Low Noise Amplifier (LNA) Module PCBA

Ultra-Low Noise Figure GaAs/GaN Front-End Amplification — IPC-6012 Class 3 RF/Microwave

Product Overview

The Low Noise Amplifier (LNA) Module PCBA provides critical first-stage amplification for high-sensitivity RF receivers, setting the system noise floor and directly determining link budget performance. Employing advanced GaAs pHEMT and GaN HEMT technologies, these modules achieve noise figures as low as 0.3 dB across frequencies from VHF through Ka-band (10 MHz to 40 GHz). Each LNA module PCB incorporates precision input matching for optimal noise impedance, integrated bias sequencing with over-voltage protection, and careful layout isolation to prevent oscillation. Multi-stage architectures with inter-stage filtering suppress out-of-band interference, while rigorous NF characterization, S-parameter verification, and stability analysis are performed on every unit.

Key Specifications

Frequency Range10 MHz – 40 GHz
Noise Figure0.3 – 2.5 dB
Gain15 – 40 dB
Input/Output Return Loss> 12 dB
P1dB+5 to +18 dBm
Semiconductor TechnologyGaAs pHEMT / GaN HEMT
Supply Voltage+3.3 V / +5 V DC
PCB MaterialRogers 4350B / 4003C
Temperature Range-40°C to +85°C
StandardIPC-6012 Class 3 RF/Microwave

PCBA Assembly Challenges

LNA module assembly demands extreme cleanliness and ESD control throughout the entire build process. GaAs pHEMT devices are Class 0 ESD-sensitive (withstand voltage < 250 V), requiring ionized-air workstations, grounded personnel, and conductive flooring. Bare-die attach for millimeter-wave LNAs uses conductive epoxy or eutectic solder with void content below 5% to prevent localized hot spots that degrade noise figure. Wire bonds connecting die to PCB traces are kept below 300 μm length to minimize series inductance, which directly degrades input match and noise performance at frequencies above 10 GHz. The input matching network components — typically 0201-sized high-Q capacitors and precision thin-film resistors — are placed within one-quarter wavelength at the highest operating frequency, demanding ±25 μm placement accuracy. RF connector attachment torque is calibrated to 8 in-lb for SMA and 4 in-lb for 2.92mm connectors to ensure repeatable reference-plane impedance.

Test Strategy

LNA testing begins with DC bias verification: quiescent drain current under nominal gate voltage, gate leakage current, and supply current draw. The noise figure is measured using a calibrated noise source and spectrum analyzer with the Y-factor method, verified against a characterized noise-figure standard.

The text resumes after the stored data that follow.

-- ===== src/Validate/Refinement.antt =====
-- `validate` of src/stage2.rs as a whole: it always returns, and accepts what the automaton accepts.
use simdjson_rs.Prelude.{
  ℕ, zero, suc, ◌+◌, ◌≤◌, ◌<◌, ◌≡◌, refl, ◌∙◌, sym, ap, subst, arith, Bool, true, false, none, some,
  List, [], ◌∷◌, get_elem?, drop, replicate, length, length-replicate, ◌==◌,
}
use simdjson_rs.Error.{Error, Outcome, ok, err, ◌>>=◌, Returns, is_ok, trailing_characters}
use simdjson_rs.Validate.{
  Input, State, start, Frame, Machine, Flow, Counts, goto, object_begin, array_begin, update_char,
  follow, is_integer_start, start_step, simdjson_padding, initial, validate,
}
use simdjson_rs.Validate.Automaton.{
  Token, token, classify, open_array, open_object, delta, accepts_from, value, read_value,
}
use simdjson_rs.Validate.Simulation.{
  Inside, tokens, Inv, ReadyFor, accepts_at, Simulates, returns, Goes-on, refuses, Simulates-if,
  Simulates-if_both,
}
use simdjson_rs.Validate.Simulation.Reads.{
  update_char-Simulates, check_atom-Simulates, push_scope-Simulates, answers_at,
}
use simdjson_rs.Validate.Simulation.Rounds.{
  change, at_token, array_begin-Simulates, object_begin-Simulates,
}
use simdjson_rs.Validate.Simulation.Steps.{no_value, weaken, finish-Simulates, step-Simulates}

-- The outcome of a run against a verdict: no fault, and enough fuel.
pub data Agrees : Outcome Error Counts → Bool → Type 0 where
  accepted : {counts : Counts} {b : Bool} → b ≡ true → Agrees (ok counts) b
  rejected : {e : Error} {b : Bool} → b ≡ false → Agrees (err e) b

-- The root value is tested in a copy of the input that is padded with zeros.
abbrev pub rooted : Input → Input
rooted input = record { bytes = input.bytes; behind = replicate simdjson_padding 0 }

-- The verdict of the automaton on all structural indexes but the first, which is an extra root.
unfoldable pub accepts_document : Input → List ℕ → Bool
accepts_document input [] = false
accepts_document input (p ∷ r) =
    accepts_from (tokens input r) (read_value start [] (token (rooted input) p))

module _ (input : Input) (p c : ℕ) where
  class_open_object : (c == b'{') ≡ true → classify input p c ≡ open_object
  unfolding classify
  class_open_object h = ground arith

  class_open_array : (c == b'[') ≡ true → classify input p c ≡ open_array
  unfolding classify
  class_open_array h = ground arith

-- The verdict on the document behind its first token.
document_verdict :
    (input : Input) (s : List ℕ) (p : ℕ) (r : List ℕ) (c : ℕ)
    → s ≡ p ∷ r
    → get_elem? input.bytes p ≡ some c
    → accepts_document input s
      ≡ accepts_from (tokens input r) (delta (value start) [] (classify (rooted input) p c))
unfolding accepts_document token delta
document_verdict input s p r c e g = ap (accepts_document input) e ∙ rw g

module _ (input : Input) (n : ℕ) (behind : 8 ≤ length input.behind) where
  abbrev FollowAgrees : ℕ → Type 0
  FollowAgrees fuel =
      (s : State) (m : Machine) (fs : List Frame)
      → Inv input n m fs
      → ReadyFor input n s m
      → length m.si < fuel
      → Agrees (follow input fuel (goto s m)) (accepts_at input s m fs)

  -- What follows a round that agrees with the automaton.
  rounds_Agrees :
      {limit : ℕ} {o : Outcome Error Flow} {b : Bool} (fuel : ℕ)
      → limit ≤ fuel
      → FollowAgrees fuel
      → Simulates input n limit o b
      → Agrees (o >>= follow input fuel) b
  unfolding follow
  rounds_Agrees fuel h rest (returns e) = accepted e
  rounds_Agrees fuel h rest (Goes-on {s} {m} fs inv ready e lt) =
      subst (λ b. Agrees (follow input fuel (goto s m)) b) (sym e)
        (rest s m fs inv ready (omega arith))
  rounds_Agrees fuel h rest (refuses e) = rejected e

  -- The fuel is enough if it exceeds the indexes that are left: each round reads one at least.
  follow_Agrees : (fuel : ℕ) → FollowAgrees fuel
  unfolding follow
  follow_Agrees zero s m fs inv ready h = absurd (omega arith)
  follow_Agrees (suc fuel) s m fs inv ready h =
      rounds_Agrees fuel (omega arith) (follow_Agrees fuel)
        (step-Simulates input n behind s inv ready)

  -- The first structural character.
  start-Simulates :
      {m : Machine}
      → Inv input n m []
      → Simulates input n (length m.si) (start_step input m) (accepts_document input m.si)
  unfolding start_step accepts_document delta classify
  start-Simulates {m} inv =
      update_char-Simulates input n inv _ _ _ (λ e. ap (accepts_document input) e)
        λ p r c e g inv₁ ready₁.
          let verdict_of = λ (t : Token). accepts_from (tokens input r) (read_value start [] t) in
          let m₁ = record m { si = r; i = m.i + 1; idx = p; c = c } in
          let shorter : length r ≤ length m.si = omega (arith, ap length e) in
          let scalar = finish-Simulates input n behind m₁ trailing_characters r (length m.si) [] in
          let (t, f, z) = answers_at (rooted input) n (omega arith) p ready₁.at in
          change input n (document_verdict input m.si p r c e g) (
            Simulates-if (c == b'{')
              (λ a.
                at_token input n (tokens input r) (value start) []
                  (class_open_object (rooted input) p c a)
                  (push_scope-Simulates input n start inv₁ ready₁ _ _ (object_begin input)
                    λ inv₂. weaken input n behind shorter (object_begin-Simulates input n inv₂)))
              λ a.
                Simulates-if (c == b'[')
                  (λ b.
                    at_token input n (tokens input r) (value start) []
                      (class_open_array (rooted input) p c b)
                      (push_scope-Simulates input n start inv₁ ready₁ _ _ (array_begin input)
                        λ inv₂. weaken input n behind shorter (array_begin-Simulates input n inv₂)))
                  λ b.
                    Simulates-if_both (c == b'"') verdict_of (λ _. scalar)
                      λ _.
                        Simulates-if_both (c == b't') verdict_of
                          (λ _. check_atom-Simulates input n m₁ _ _ _ _ verdict_of t refl scalar)
                          λ _.
                            Simulates-if_both (c == b'f') verdict_of
                              (λ _.
                                check_atom-Simulates input n m₁ _ _ _ _ verdict_of f refl scalar)
                              λ _.
                                Simulates-if_both (c == b'n') verdict_of
                                  (λ _.
                                    check_atom-Simulates input n m₁ _ _ _ _ verdict_of z refl
                                      scalar)
                                  λ _.
                                    Simulates-if_both (is_integer_start c) verdict_of (λ _. scalar)
                                      λ _. refuses (
                                        rw (a, b)
                                          (no_value (tokens input r) start [] (c == b'}')
                                            (c == b']') (c == b',') (c == b':'))))

  pub initial-Inv :
      (x y : ℕ) (r : List ℕ)
      → suc (suc (length r)) ≡ n
      → Inside input (y ∷ r)
      → Inv input n (initial input (x ∷ y ∷ r)) []
  unfolding initial
  initial-Inv x y r e inside = record {
    depth_is = refl;
    held = tt;
    stack_is = ap suc (ap suc (length-replicate (length r) none)) ∙ e;
    counts_is = ap suc (ap suc (length-replicate (length r) none)) ∙ e;
    room = omega arith;
    seen = omega arith;
    open_at = omega arith;
    inside = inside;
  }

  run_Agrees :
      (structural_indexes : List ℕ)
      → length structural_indexes ≡ n
      → Inside input (drop 1 structural_indexes)
      → Agrees
          (validate input structural_indexes)
          (accepts_document input (drop 1 structural_indexes))
  unfolding validate start_step update_char accepts_document
  run_Agrees [] e inside = rejected refl
  run_Agrees (x ∷ []) e inside = rejected refl
  run_Agrees (x ∷ y ∷ r) e inside =
      rounds_Agrees (suc (suc (length r))) (omega arith) (follow_Agrees _)
        (start-Simulates (initial-Inv x y r e inside))

-- With structural indexes inside of the input and eight readable bytes behind it, every run of
-- `validate` returns a value or an error: it reads nothing outside of the input and these eight
-- bytes, accesses nothing outside of its stack and of its counts, pops no frame that was not
-- pushed, and the loop ends. Reads of the eight bytes are not excluded.
pub validate-Returns :
    (input : Input) (structural_indexes : List ℕ)
    → 8 ≤ length input.behind
    → Inside input (drop 1 structural_indexes)
    → Returns (validate input structural_indexes)
validate-Returns input structural_indexes behind inside =
    ends (run_Agrees input _ behind structural_indexes refl inside)
  where
    ends : {o : Outcome Error Counts} {b : Bool} → Agrees o b → Returns o
    ends (accepted e) = tt
    ends (rejected e) = tt

-- Under the same conditions `validate` returns counts exactly if the automaton accepts the tokens
-- at the structural indexes behind the first.
pub is_ok-validate :
    (input : Input) (structural_indexes : List ℕ)
    → 8 ≤ length input.behind
    → Inside input (drop 1 structural_indexes)
    → is_ok (validate input structural_indexes) ≡ accepts_document input (drop 1 structural_indexes)
is_ok-validate input structural_indexes behind inside =
    same (run_Agrees input _ behind structural_indexes refl inside)
  where
    same : {o : Outcome Error Counts} {b : Bool} → Agrees o b → is_ok o ≡ b
    same (accepted e) = sym e
    same (rejected e) = sym e
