-- ===== src/Validate/Grammar.antt =====
-- The grammar of JSON over tokens, and the automaton of `validate` (src/stage2.rs) as its parser.
use simdjson_rs.Prelude.{◌≡◌, refl, ◌∙◌, List, ◌∷◌}
use simdjson_rs.Validate.{StackState, object, array}
use simdjson_rs.Validate.Automaton.{
  Token, quote, literal, comma, colon, open_array, close_array, open_object, close_object, value,
  after, first_element, first_key, next_key, delta, accepts,
}

abbrev Tokens : Type 0
Tokens = List Token

-- The first tokens are a value, or the items of an array or an object up to its bracket; the
-- second list is what follows.
mutual
  pub data IsValue : List Token → List Token → Type 0 where
    string : {r : List Token} → IsValue (quote ∷ r) r
    scalar : {r : List Token} → IsValue (literal ∷ r) r
    empty_array : {r : List Token} → IsValue (open_array ∷ close_array ∷ r) r
    full_array : {ts r : List Token} → Elements ts r → IsValue (open_array ∷ ts) r
    empty_object : {r : List Token} → IsValue (open_object ∷ close_object ∷ r) r
    full_object : {ts r : List Token} → Members ts r → IsValue (open_object ∷ ts) r

  pub data Elements : List Token → List Token → Type 0 where
    last_element : {ts r : List Token} → IsValue ts (close_array ∷ r) → Elements ts r
    more_elements : {ts us r : List Token} → IsValue ts (comma ∷ us) → Elements us r → Elements ts r

  pub data Members : List Token → List Token → Type 0 where
    last_member :
        {ts r : List Token} → IsValue ts (close_object ∷ r) → Members (quote ∷ colon ∷ ts) r
    more_members :
        {ts us r : List Token}
        → IsValue ts (comma ∷ us)
        → Members us r
        → Members (quote ∷ colon ∷ ts) r

-- A value behind a bracket is read as any element is.
first_element_value :
    {ts r : Tokens} (fs : List StackState)
    → IsValue ts r
    → accepts ts first_element fs ≡ accepts ts (value array) fs
unfolding accepts delta
first_element_value fs string = refl
first_element_value fs scalar = refl
first_element_value fs empty_array = refl
first_element_value fs (full_array h) = refl
first_element_value fs empty_object = refl
first_element_value fs (full_object h) = refl

mutual
  unfolding accepts delta

  pub value_read :
      {ts r : Tokens} (k : StackState) (fs : List StackState)
      → IsValue ts r
      → accepts ts (value k) fs ≡ accepts r (after k) fs
  value_read k fs string = refl
  value_read k fs scalar = refl
  value_read k fs empty_array = refl
  value_read k fs (full_array h) = first_of_array k fs h ∙ array_read k fs h
  value_read k fs empty_object = refl
  value_read k fs (full_object h) = object_read k fs h

  first_of_array :
      {ts r : Tokens} (k : StackState) (fs : List StackState)
      → Elements ts r
      → accepts ts first_element (k ∷ fs) ≡ accepts ts (value array) (k ∷ fs)
  first_of_array k fs (last_element h) = first_element_value (k ∷ fs) h
  first_of_array k fs (more_elements h hs) = first_element_value (k ∷ fs) h

  array_read :
      {ts r : Tokens} (k : StackState) (fs : List StackState)
      → Elements ts r
      → accepts ts (value array) (k ∷ fs) ≡ accepts r (after k) fs
  array_read k fs (last_element h) = value_read array (k ∷ fs) h
  array_read k fs (more_elements h hs) = value_read array (k ∷ fs) h ∙ array_read k fs hs

  object_read :
      {ts r : Tokens} (k : StackState) (fs : List StackState)
      → Members ts r
      → accepts ts first_key (k ∷ fs) ≡ accepts r (after k) fs
  object_read k fs (last_member h) = value_read object (k ∷ fs) h
  object_read k fs (more_members h hs) = value_read object (k ∷ fs) h ∙ next_keys_read k fs hs

  next_keys_read :
      {ts r : Tokens} (k : StackState) (fs : List StackState)
      → Members ts r
      → accepts ts next_key (k ∷ fs) ≡ accepts r (after k) fs
  next_keys_read k fs (last_member h) = value_read object (k ∷ fs) h
  next_keys_read k fs (more_members h hs) = value_read object (k ∷ fs) h ∙ next_keys_read k fs hs
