-- ===== src/Validate/Parses.antt =====
-- `validate` of src/stage2.rs accepts JSON: the automaton reads the grammar, and nothing else.
use simdjson_rs.Prelude.{ℕ, ◌≤◌, ◌≡◌, ◌↔◌, refl, ◌∙◌, sym, subst, true, List, [], ◌∷◌, drop, length}
use simdjson_rs.Error.{is_ok}
use simdjson_rs.Validate.{Input, StackState, start, object, array, validate}
use simdjson_rs.Validate.Automaton.{
  Token, token, quote, literal, comma, colon, bad, open_array, close_array, open_object,
  close_object, Mode, value, after, first_element, first_key, next_key, key_colon, delta, accepts,
}
use simdjson_rs.Validate.Simulation.{tokens, Inside}
use simdjson_rs.Validate.Refinement.{rooted, accepts_document, is_ok-validate}
use simdjson_rs.Validate.Grammar.{
  IsValue, Elements, Members, string, scalar, empty_array, full_array, empty_object, full_object,
  last_element, more_elements, last_member, more_members, value_read,
}

abbrev Tokens : Type 0
Tokens = List Token

-- The token lists that may follow a value, by the scopes that are open: the elements or members
-- of the innermost scope end, and so on outwards.
After : StackState → List StackState → Tokens → Type 0
After start fs ts = ts ≡ []
After array [] ts = ⊥
After array (k ∷ fs) ts = (u : Tokens) × ((v : Tokens) → IsValue v ts → Elements v u) × After k fs u
After object [] ts = ⊥
After object (k ∷ fs) ts =
    (u : Tokens) × ((v : Tokens) → IsValue v ts → Members (quote ∷ colon ∷ v) u) × After k fs u

-- What is left to read in each mode.
Left : Mode → List StackState → Tokens → Type 0
unfolding After
Left (value k) fs ts = (u : Tokens) × IsValue ts u × After k fs u
Left (after k) fs ts = After k fs ts
Left first_element [] ts = ⊥
Left first_element (k ∷ fs) ts = (u : Tokens) × IsValue (open_array ∷ ts) u × After k fs u
Left first_key [] ts = ⊥
Left first_key (k ∷ fs) ts = (u : Tokens) × IsValue (open_object ∷ ts) u × After k fs u
Left next_key [] ts = ⊥
Left next_key (k ∷ fs) ts = (u : Tokens) × Members ts u × After k fs u
Left key_colon [] ts = ⊥
Left key_colon (k ∷ fs) ts = (u : Tokens) × Members (quote ∷ ts) u × After k fs u

abbrev OnlyGrammar : Tokens → Type 0
OnlyGrammar ts = (mode : Mode) (fs : List StackState) → accepts ts mode fs ≡ true → Left mode fs ts

value_sound :
    (t : Token) (ts : Tokens) (k : StackState) (fs : List StackState)
    → OnlyGrammar ts
    → accepts (t ∷ ts) (value k) fs ≡ true
    → Left (value k) fs (t ∷ ts)
unfolding Left accepts delta
value_sound quote ts k fs rest h = (ts, string, rest (after k) fs h)
value_sound literal ts k fs rest h = (ts, scalar, rest (after k) fs h)
value_sound open_array ts k fs rest h = rest first_element (k ∷ fs) h
value_sound open_object ts k fs rest h = rest first_key (k ∷ fs) h
value_sound _ ts k fs rest h = cc

-- An element inside of an array that is not closed at once.
element_sound :
    (ts : Tokens) (fs : List StackState) → Left (value array) fs ts → Left first_element fs ts
unfolding Left
element_sound ts [] (u, isv, r) = r
element_sound ts (k ∷ fs) (u, isv, (w, items, r)) = (w, full_array (items _ isv), r)

first_element_sound :
    (t : Token) (ts : Tokens) (fs : List StackState)
    → OnlyGrammar ts
    → accepts (t ∷ ts) first_element fs ≡ true
    → Left first_element fs (t ∷ ts)
unfolding Left accepts delta
first_element_sound close_array ts [] rest h = cc
first_element_sound close_array ts (k ∷ fs) rest h = (ts, empty_array, rest (after k) fs h)
first_element_sound quote ts fs rest h = element_sound _ fs (value_sound quote ts array fs rest h)
first_element_sound literal ts fs rest h =
    element_sound _ fs (value_sound literal ts array fs rest h)
first_element_sound open_array ts fs rest h =
    element_sound _ fs (value_sound open_array ts array fs rest h)
first_element_sound open_object ts fs rest h =
    element_sound _ fs (value_sound open_object ts array fs rest h)
first_element_sound comma ts fs rest h = cc
first_element_sound colon ts fs rest h = cc
first_element_sound bad ts fs rest h = cc
first_element_sound close_object ts fs rest h = cc

-- A key: its members begin with the quote.
key_sound :
    (ts : Tokens) (fs : List StackState) → Left key_colon fs ts → Left next_key fs (quote ∷ ts)
unfolding Left
key_sound ts [] h = h
key_sound ts (k ∷ fs) h = h

first_key_sound :
    (t : Token) (ts : Tokens) (fs : List StackState)
    → OnlyGrammar ts
    → accepts (t ∷ ts) first_key fs ≡ true
    → Left first_key fs (t ∷ ts)
unfolding Left accepts delta
first_key_sound quote ts [] rest h = rest key_colon [] h
first_key_sound quote ts (k ∷ fs) rest h =
    let (u, members, r) = rest key_colon (k ∷ fs) h in (u, full_object members, r)
first_key_sound close_object ts [] rest h = cc
first_key_sound close_object ts (k ∷ fs) rest h = (ts, empty_object, rest (after k) fs h)
first_key_sound _ ts fs rest h = cc

next_key_sound :
    (t : Token) (ts : Tokens) (fs : List StackState)
    → OnlyGrammar ts
    → accepts (t ∷ ts) next_key fs ≡ true
    → Left next_key fs (t ∷ ts)
unfolding Left accepts delta
next_key_sound quote ts fs rest h = key_sound ts fs (rest key_colon fs h)
next_key_sound _ ts fs rest h = cc

key_colon_sound :
    (t : Token) (ts : Tokens) (fs : List StackState)
    → OnlyGrammar ts
    → accepts (t ∷ ts) key_colon fs ≡ true
    → Left key_colon fs (t ∷ ts)
unfolding Left accepts delta
key_colon_sound colon ts [] rest h = let (u, isv, r) = rest (value object) [] h in r
key_colon_sound colon ts (k ∷ fs) rest h =
    let (u, isv, (w, members, r)) = rest (value object) (k ∷ fs) h in (w, members _ isv, r)
key_colon_sound _ ts fs rest h = cc

after_array_sound :
    (t : Token) (ts : Tokens) (fs : List StackState)
    → OnlyGrammar ts
    → accepts (t ∷ ts) (after array) fs ≡ true
    → Left (after array) fs (t ∷ ts)
unfolding Left accepts delta
after_array_sound close_array ts [] rest h = cc
after_array_sound close_array ts (k ∷ fs) rest h =
    (ts, (λ v isv. last_element isv), rest (after k) fs h)
after_array_sound comma ts [] rest h = let (u, isv, r) = rest (value array) [] h in r
after_array_sound comma ts (k ∷ fs) rest h =
    let (u, isv, (w, items, r)) = rest (value array) (k ∷ fs) h in
    (w, (λ v first. more_elements first (items _ isv)), r)
after_array_sound _ ts fs rest h = cc

after_object_sound :
    (t : Token) (ts : Tokens) (fs : List StackState)
    → OnlyGrammar ts
    → accepts (t ∷ ts) (after object) fs ≡ true
    → Left (after object) fs (t ∷ ts)
unfolding Left accepts delta
after_object_sound close_object ts [] rest h = cc
after_object_sound close_object ts (k ∷ fs) rest h =
    (ts, (λ v isv. last_member isv), rest (after k) fs h)
after_object_sound comma ts [] rest h = rest next_key [] h
after_object_sound comma ts (k ∷ fs) rest h =
    let (u, members, r) = rest next_key (k ∷ fs) h in
    (u, (λ v first. more_members first members), r)
after_object_sound _ ts fs rest h = cc

token_sound : (t : Token) (ts : Tokens) → OnlyGrammar ts → OnlyGrammar (t ∷ ts)
unfolding accepts delta
token_sound t ts rest (value k) fs h = value_sound t ts k fs rest h
token_sound t ts rest (after start) fs h = cc
token_sound t ts rest (after array) fs h = after_array_sound t ts fs rest h
token_sound t ts rest (after object) fs h = after_object_sound t ts fs rest h
token_sound t ts rest first_element fs h = first_element_sound t ts fs rest h
token_sound t ts rest first_key fs h = first_key_sound t ts fs rest h
token_sound t ts rest next_key fs h = next_key_sound t ts fs rest h
token_sound t ts rest key_colon fs h = key_colon_sound t ts fs rest h

end_sound : OnlyGrammar []
unfolding Left accepts
end_sound (after start) fs h = refl
end_sound (after array) fs h = cc
end_sound (after object) fs h = cc
end_sound (value k) fs h = cc
end_sound _ fs h = cc

accepts_sound : (ts : Tokens) → OnlyGrammar ts
accepts_sound [] = end_sound
accepts_sound (t ∷ ts) = token_sound t ts (accepts_sound ts)

-- The tokens at structural indexes are one value and nothing else; the first is looked up in the
-- padded copy.
abbrev pub IsDocument : Input → List ℕ → Type 0
IsDocument input [] = ⊥
IsDocument input (p ∷ r) = IsValue (token (rooted input) p ∷ tokens input r) []

whole : {ts : Tokens} → Left (value start) [] ts → IsValue ts []
unfolding Left After
whole {ts} (u, isv, e) = subst (IsValue ts) e isv

accepts_document_iff :
    (input : Input) (s : List ℕ) → (accepts_document input s ≡ true) ↔ IsDocument input s
unfolding accepts_document accepts delta Left After
accepts_document_iff input [] = (λ h. cc, λ d. absurd d)
accepts_document_iff input (p ∷ r) = (
  λ h. whole (accepts_sound (token (rooted input) p ∷ tokens input r) (value start) [] h),
  λ d. value_read start [] d,
)

-- With structural indexes inside of the input and eight readable bytes behind it, `validate`
-- returns counts exactly if the tokens at the structural indexes behind the first are one JSON
-- value and nothing else; a number is judged by its first byte here.
pub validate_iff :
    (input : Input) (structural_indexes : List ℕ)
    → 8 ≤ length input.behind
    → Inside input (drop 1 structural_indexes)
    → (is_ok (validate input structural_indexes) ≡ true)
      ↔ IsDocument input (drop 1 structural_indexes)
validate_iff input s behind inside =
    let same = is_ok-validate input s behind inside in
    (
      (λ h. (accepts_document_iff input (drop 1 s)).0 (sym same ∙ h)),
      (λ d. same ∙ (accepts_document_iff input (drop 1 s)).1 d),
    )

Cold-source (cold-attenuator) technique provides an alternative for frequencies above 26.5 GHz. S-parameters are swept across the full operating band to confirm gain, input/output return loss, and reverse isolation. Stability analysis extracts the Rollett stability factor (K > 1) and the auxiliary stability measure (B1 > 0) from the measured S-parameters across all frequencies from DC to fmax. For high-reliability applications, step-stress testing incrementally increases input power while monitoring gain compression to verify robust survivability against accidental input overload. Each unit is serialized and provided with a full measurement data sheet.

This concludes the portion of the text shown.